What about California? lol. A lot of us are here! I would have replied but didn't see this post until just now.


----------



## Mads (May 8, 2006)

What did you have in mind? I'm in Sacramento. Most of the threads I've seen for Californians here have been socal based, though.


----------



## demoneyeskyo (Oct 23, 2006)

just so you know it really was a stupid idea now that i think about it. My suggestion was that since in the past plans to meet have not come to fruition because of SA or they were shy, instead of actually meeting and talking and stuff we could just set up a date and place to go and decide on which color of shirt to wear or something. so that if you see anyone who has read this thread and wears that color at the park (for example) will be recognized as a member of this SA board. do not follow this suggestion because its dumb. LOL :lol 

i discovered later on that some peole in CA have made a plan to meet and they actually met up (i couldnt believe it). some of these people are Spesvitae, Elaborama, Solo, Bittersweet58j, Deoxygenated. they actually hung out 2x. first at the movie and restaurant and second time at the park. and from what i gathered they had lots of fun. :sigh

and i think they took pictures and posted them on a thread.


----------



## Paul (Sep 26, 2005)

I hate it when people say "California" when they mean "Los Angeles and suburbs." We do exist up here.



Mads said:


> What did you have in mind? I'm in Sacramento. Most of the threads I've seen for Californians here have been socal based, though.

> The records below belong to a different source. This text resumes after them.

-- ===== src/Trsm/Loops/Backward.antt =====
-- The loop that goes down over the blocks: it ends, and leaves a solution in X.
use mathlib.Core.Path.{subst}
use sycl_blas.Base.{
  if_yes, if_no, ℕ, zero, suc, ◌+◌, ◌-◌, ◌*◌, ◌<◌, ◌≤◌, ◌≡◌, inl, inr, Bool, true, false, refl, ◌∙◌,
  arith, if◌then◌else◌, leb, ltb, min, ◌==◌, Bool-cases, Result, ok, ltb→lt,
}
use sycl_blas.Base.Scalar.{Scalar, IsExact}
use sycl_blas.Views.{Store}
use sycl_blas.Gemm.Call.{GemmCall, IsGemm}
use sycl_blas.Gemm.Interface.Scaling.{IsMatrix}
use sycl_blas.Trsm.Calls.{System, block_size, solve_call, backward_call}
use sycl_blas.Trsm.{backward_loop}
use sycl_blas.Trsm.Steps.Sides.{solve_step, backward_step}
use sycl_blas.Trsm.Steps.{IsApart, equations, a_at}
use sycl_blas.Trsm.States.{
  triangle, IsState, IsSolution, HasInverses, last-IsSolution, next-IsState,
}
use sycl_blas.Trsm.Loops.Order.{leb_yes, leb_no, ltb→le, leb→le, leb→gt, backward_same}

module _ {ℓ} {A : Type ℓ} {s : Scalar A} (exact : IsExact s) (t : System A)
    {run : GemmCall A → Store A → Result (Store A)} (gemm : IsGemm exact run)
    (add-neg : (x : A) → s.add x (s.neg x) ≡ s.zero) (x_matrix : IsMatrix t.x_ t.m t.n t.ldb)
    (b_matrix : IsMatrix t.b_ t.m t.n t.ldb) (apart : IsApart t) (start : Store A) where
  backward_zeros :
      (row c i size : ℕ)
      → leb (i + size) row ≡ true
      → c < size
      → triangle s t false start row (i + c) ≡ s.zero
  backward_zeros row c i size d hc =
      let l = leb→le (i + size) row d in
      if_no (leb row (i + c)) _ _ (leb_no row (i + c) (omega arith))

  backward_side :
      (row c i : ℕ)
      → leb i row ≡ false
      → triangle s t false start row (i + c) ≡ a_at t t.is_left start row (i + c)
  backward_side row c i d =
      let l = leb→gt i row d in if_yes (leb row (i + c)) _ _ (leb_yes row (i + c) (omega arith))

  module _ (fuel i_start special i size : ℕ) (is_first : Bool) (st solved : Store A)
      (e : (i == i_start) ≡ is_first) (e' : (if is_first then special else block_size) ≡ size)
      (run_solve : run (solve_call s t i size is_first) st ≡ ok solved) where
    backward_last :
        ltb i block_size ≡ true → backward_loop s t run (suc fuel) i_start special i st ≡ ok solved
    unfolding backward_loop
    backward_last ends = rw (e, e', run_solve, ends)

    backward_next :
        (updated : Store A)
        → ltb i block_size ≡ false
        → run (backward_call s t i size is_first) solved ≡ ok updated
        → backward_loop s t run (suc fuel) i_start special i st
          ≡ backward_loop s t run fuel i_start special (i - block_size) updated
    unfolding backward_loop
    backward_next updated goes_on run_update = rw (e, e', run_solve, goes_on, run_update)

  pub backward_loop_lem :
      (inverses : HasInverses exact t false start)
      (fuel i_start special_block_size block i size : ℕ) (is_first : Bool) (st : Store A)
      → i ≡ block * block_size
      → i < equations t.is_left t
      → i < fuel
      → i ≤ i_start
      → size ≡ min (equations t.is_left t - i) block_size
      → (i == i_start) ≡ is_first
      → (if is_first then special_block_size else block_size) ≡ size
      → IsState exact t false start (λ c. leb (i + size) c) is_first st
      → (out : Store A) × (backward_loop s t run fuel i_start special_block_size i st ≡ ok out)
        × IsSolution exact t false start out
  backward_loop_lem inverses zero i_start special block i size is_first st at fits enough below
        all_of_it e e' h =
      elim enough [ ]
  backward_loop_lem inverses (suc fuel) i_start special block i size is_first st at fits enough
        below all_of_it e e' h =
      let r =
        solve_step exact t gemm add-neg x_matrix b_matrix apart i size is_first st (omega arith) in
      elim (Bool-cases (ltb i block_size)) [
        | inl ends ↦
            let l = ltb→lt i block_size ends in
            (
              r.0,
              backward_last fuel i_start special i size is_first st r.0 e e' r.1 ends,
              last-IsSolution exact t false start apart inverses (λ c. leb (i + size) c)
                  (λ c. leb i c) is_first st r.0 h block i size at all_of_it fits r.2
                  (λ c hc. leb_no (i + size) (i + c) (omega arith))
                  (λ c hc. leb_yes i (i + c) (omega arith)) (λ c o. backward_same c i size o)
                  (λ row c d hc. backward_zeros row c i size d hc)
                  (λ c hc. leb_yes i c (omega arith)),
            )
        | inr goes_on ↦
            let l = ltb→le i block_size goes_on in
            let updated =
              backward_step exact t gemm add-neg x_matrix b_matrix apart i size is_first r.0
                (omega arith) in
            let next =
              next-IsState exact t false start apart inverses (λ c. leb (i + size) c) (λ c. leb i c)
                is_first st r.0 h block i size at all_of_it fits r.2
                (λ c hc. leb_no (i + size) (i + c) (omega arith))
                (λ c hc. leb_yes i (i + c) (omega arith)) (λ c o. backward_same c i size o)
                (λ row c d hc. backward_zeros row c i size d hc) 0 i updated.0 updated.2
                (λ row hr d. let g = leb→gt i row d in (omega arith, omega arith))
                (λ row c d hc. backward_side row c i d) in
            let rest =
              backward_loop_lem inverses fuel i_start special (block - 1) (i - block_size)
                block_size false updated.0 (omega arith) (omega arith) (omega arith) (omega arith)
                (omega arith) (ground arith) refl
                (subst (λ n. IsState exact t false start (λ c. leb n c) false updated.0) {x = i}
                  {y = i - block_size + block_size} (omega arith) next) in
            (
              rest.0,
              backward_next fuel i_start special i size is_first st r.0 e e' r.1 updated.0 goes_on
                    updated.1
                  ∙ rest.1,
              rest.2,
            )
      ]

Other than my two (where I met only myself) and the long-running S.F. thread I don't recall any threads in gatherings, but there was a support groups thread which seems to have been one of the recently accidentally deleted threads.


----------



## SpesVitae (Oct 20, 2005)

*Re: re: California?*



demoneyeskyo said:


> just so you know it really was a stupid idea now that i think about it. My suggestion was that since in the past plans to meet have not come to fruition because of SA or they were shy, instead of actually meeting and talking and stuff we could just set up a date and place to go and decide on which color of shirt to wear or something. so that if you see anyone who has read this thread and wears that color at the park (for example) will be recognized as a member of this SA board. do not follow this suggestion because its dumb. LOL :lol
> 
> i discovered later on that some peole in CA have made a plan to meet and they actually met up (i couldnt believe it). some of these people are Spesvitae, Elaborama, Solo, Bittersweet58j, Deoxygenated. they actually hung out 2x. first at the movie and restaurant and second time at the park. and from what i gathered they had lots of fun. :sigh
> 
> and i think they took pictures and posted them on a thread.


or we could just post pictures up here so we can recognize each other lol. But hey your idea could work too. So when we all meeting and which color shirt shall we wear?


----------



## shoegazer (Aug 28, 2004)

Yes, we definitely need regular gatherings in Northern California!


----------



## NONfiction (Dec 30, 2006)

Central California here..


----------



## idontknow (Nov 2, 2006)

Im central california too. Nonfiction where are you at?


----------



## gorbulas (Feb 13, 2004)

i would like to go to gatherings and meeting different people up in the bay area. i live in the east bay.


----------



## sasdf (Dec 1, 2006)

I'm in the East Bay too and would really like to attend a meetup. It seems we've got the people. I guess someone's gotta take the reins here and organize one. :hide


----------



## NONfiction (Dec 30, 2006)

Im in Porterville, next to Visalia.. and yourself?


----------



## SpesVitae (Oct 20, 2005)

Oh no the NorCalers are taking over! 
jk lol

We all should just plan one massive panCalifornian meeting. I'm not really counting on it but hey it's a nice thought.


----------